(Stored items)
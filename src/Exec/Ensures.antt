-- ===== src/Exec/Ensures.antt =====
-- What holds of the state where an action succeeds, rule by rule.
use bouclier_bleu.Base.{◌≡◌, Bool, true, false, Outcome, ok, err}
use bouclier_bleu.Exec.{Exec, continue, unless, ◌>>=◌}

module _ {S E : Type 0} where
  -- What every action keeps holds also where one has failed.
  pub continue-keeps :
      {A B : Type 0} (P : S → Type 0) (next : A → Exec S E B) (r : Outcome E A × S)
      → P r.1
      → ((a : A) (s : S) → P s → P (next a s).1)
      → P (continue next r).1
  continue-keeps P next (ok a, s) h step = step a s h
  continue-keeps P next (err e, s) h step = h

  -- An action that keeps a property of the state, whether it succeeds or not.
  abbrev pub Keeps : {A : Type 0} → (S → Type 0) → Exec S E A → Type 0
  Keeps P task = (s : S) → P s → P (task s).1

  pub bind-Keeps :
      {A B : Type 0} (P : S → Type 0) (task : Exec S E A) (next : A → Exec S E B)
      → Keeps P task
      → ((a : A) → Keeps P (next a))
      → Keeps P (task >>= next)
  unfolding ◌>>=◌
  bind-Keeps P task next first later s h =
      continue-keeps P next (task s) (first s h) λ a s₁ k. later a s₁ k

  pub unless-Keeps :
      (P : S → Type 0) (done : Bool) (task : Exec S E (Unit {0}))
      → Keeps P task
      → Keeps P (unless done task)
  unless-Keeps P true task h s k = k
  unless-Keeps P false task h s k = h s k

  -- What holds after an action: `Q` of its value and the state where it succeeded, `R` where it failed.
  abbrev pub Holds : {A : Type 0} → (A → S → Type 0) → (S → Type 0) → Outcome E A × S → Type 0
  Holds Q R (ok a, s) = Q a s
  Holds Q R (err why, s) = R s

  abbrev pub Leads :
      {A : Type 0} → (S → Type 0) → Exec S E A → (A → S → Type 0) → (S → Type 0) → Type 0
  Leads P task Q R = (s : S) → P s → Holds Q R (task s)

  pub continue-Holds :
      {A B : Type 0} (Q : A → S → Type 0) (Q' : B → S → Type 0) (R : S → Type 0)
      (next : A → Exec S E B) (r : Outcome E A × S)
      → Holds Q R r
      → ((a : A) → Leads (Q a) (next a) Q' R)
      → Holds Q' R (continue next r)
  continue-Holds Q Q' R next (ok a, s) h step = step a s h
  continue-Holds Q Q' R next (err why, s) h step = h

  pub bind-Leads :
      {A B : Type 0} (P : S → Type 0) (Q : A → S → Type 0) (Q' : B → S → Type 0) (R : S → Type 0)
      (task : Exec S E A) (next : A → Exec S E B)
      → Leads P task Q R
      → ((a : A) → Leads (Q a) (next a) Q' R)
      → Leads P (task >>= next) Q' R
  unfolding ◌>>=◌
  bind-Leads P Q Q' R task next first later s h =
      continue-Holds Q Q' R next (task s) (first s h) later

  kept-Holds :
      {A : Type 0} (P R : S → Type 0) (r : Outcome E A × S)
      → ((s : S) → P s → R s)
      → P r.1
      → Holds (λ a s. P s) R r
  kept-Holds P R (ok a, s) weaker h = h
  kept-Holds P R (err why, s) weaker h = weaker s h

  pub Keeps-Leads :
      {A : Type 0} (P R : S → Type 0) (task : Exec S E A)
      → ((s : S) → P s → R s)
      → Keeps P task
      → Leads P task (λ a s. P s) R
  Keeps-Leads P R task weaker keeps s h = kept-Holds P R (task s) weaker (keeps s h)

  -- Where the action succeeded, its value and the state after it satisfy `P`.
  abbrev pub Ensures : {A : Type 0} → (A → S → Type 0) → Outcome E A × S → Type 0
  Ensures P r = Holds P (λ s. Unit {0}) r

  pub Ensures-continue :
      {A B : Type 0} (P : A → S → Type 0) (Q : B → S → Type 0) (next : A → Exec S E B)
      (r : Outcome E A × S)
      → Ensures P r
      → ((a : A) (s : S) → P a s → Ensures Q (next a s))
      → Ensures Q (continue next r)
  Ensures-continue P Q next r h step = continue-Holds P Q (λ s. Unit {0}) next r h step

  -- A property of both ends holds at the end.
  pub Holds-either :
      {A : Type 0} (Q : A → S → Type 0) (R : S → Type 0) (r : Outcome E A × S)
      → Holds Q R r
      → ((a : A) (s : S) → Q a s → R s)
      → R r.1
  Holds-either Q R (ok a, s) h weaker = weaker a s h
  Holds-either Q R (err why, s) h weaker = h

  any-Holds : {A : Type 0} (r : Outcome E A × S) → Holds (λ a s. Unit {0}) (λ s. Unit {0}) r
  any-Holds (ok a, s) = tt
  any-Holds (err why, s) = tt

  -- Whatever an action does, what follows it matters alone.
  pub after :
      {A B : Type 0} (Q : B → S → Type 0) (task : Exec S E A) (next : A → Exec S E B)
      → ((a : A) → Leads (λ s. Unit {0}) (next a) Q (λ s. Unit {0}))
      → Leads (λ s. Unit {0}) (task >>= next) Q (λ s. Unit {0})
  after Q task next later =
      bind-Leads (λ s. Unit {0}) (λ a s. Unit {0}) Q (λ s. Unit {0}) task next
        (λ s h. any-Holds (task s)) later

  pub Holds-weaker :
      {A : Type 0} (Q Q' : A → S → Type 0) (R R' : S → Type 0) (r : Outcome E A × S)
      → Holds Q R r
      → ((a : A) (s : S) → Q a s → Q' a s)
      → ((s : S) → R s → R' s)
      → Holds Q' R' r
  Holds-weaker Q Q' R R' (ok a, s) h good bad = good a s h
  Holds-weaker Q Q' R R' (err why, s) h good bad = bad s h

  pub Holds-ok :
      {A : Type 0} (Q : A → S → Type 0) (R : S → Type 0) (r : Outcome E A × S) (a : A)
      → Holds Q R r
      → r.0 ≡ ok a
      → Q a r.1
  Holds-ok Q R (ok b, s) a h e = let same : b ≡ a = cc e in rw (← same) h
  Holds-ok Q R (err why, s) a h e = cc e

TASK OBJECTIVE ::
Return word for word the lines above from the line with "(continue next r).1" to the line with "unless-Keeps P false task h s k = h s k", including both and leaving out all others.

TASK ANSWER ::
      → P (continue next r).1
  continue-keeps P next (ok a, s) h step = step a s h
  continue-keeps P next (err e, s) h step = h

  -- An action that keeps a property of the state, whether it succeeds or not.
  abbrev pub Keeps : {A : Type 0} → (S → Type 0) → Exec S E A → Type 0
  Keeps P task = (s : S) → P s → P (task s).1

  pub bind-Keeps :
      {A B : Type 0} (P : S → Type 0) (task : Exec S E A) (next : A → Exec S E B)
      → Keeps P task
      → ((a : A) → Keeps P (next a))
      → Keeps P (task >>= next)
  unfolding ◌>>=◌
  bind-Keeps P task next first later s h =
      continue-keeps P next (task s) (first s h) λ a s₁ k. later a s₁ k

  pub unless-Keeps :
      (P : S → Type 0) (done : Bool) (task : Exec S E (Unit {0}))
      → Keeps P task
      → Keeps P (unless done task)
  unless-Keeps P true task h s k = k
  unless-Keeps P false task h s k = h s k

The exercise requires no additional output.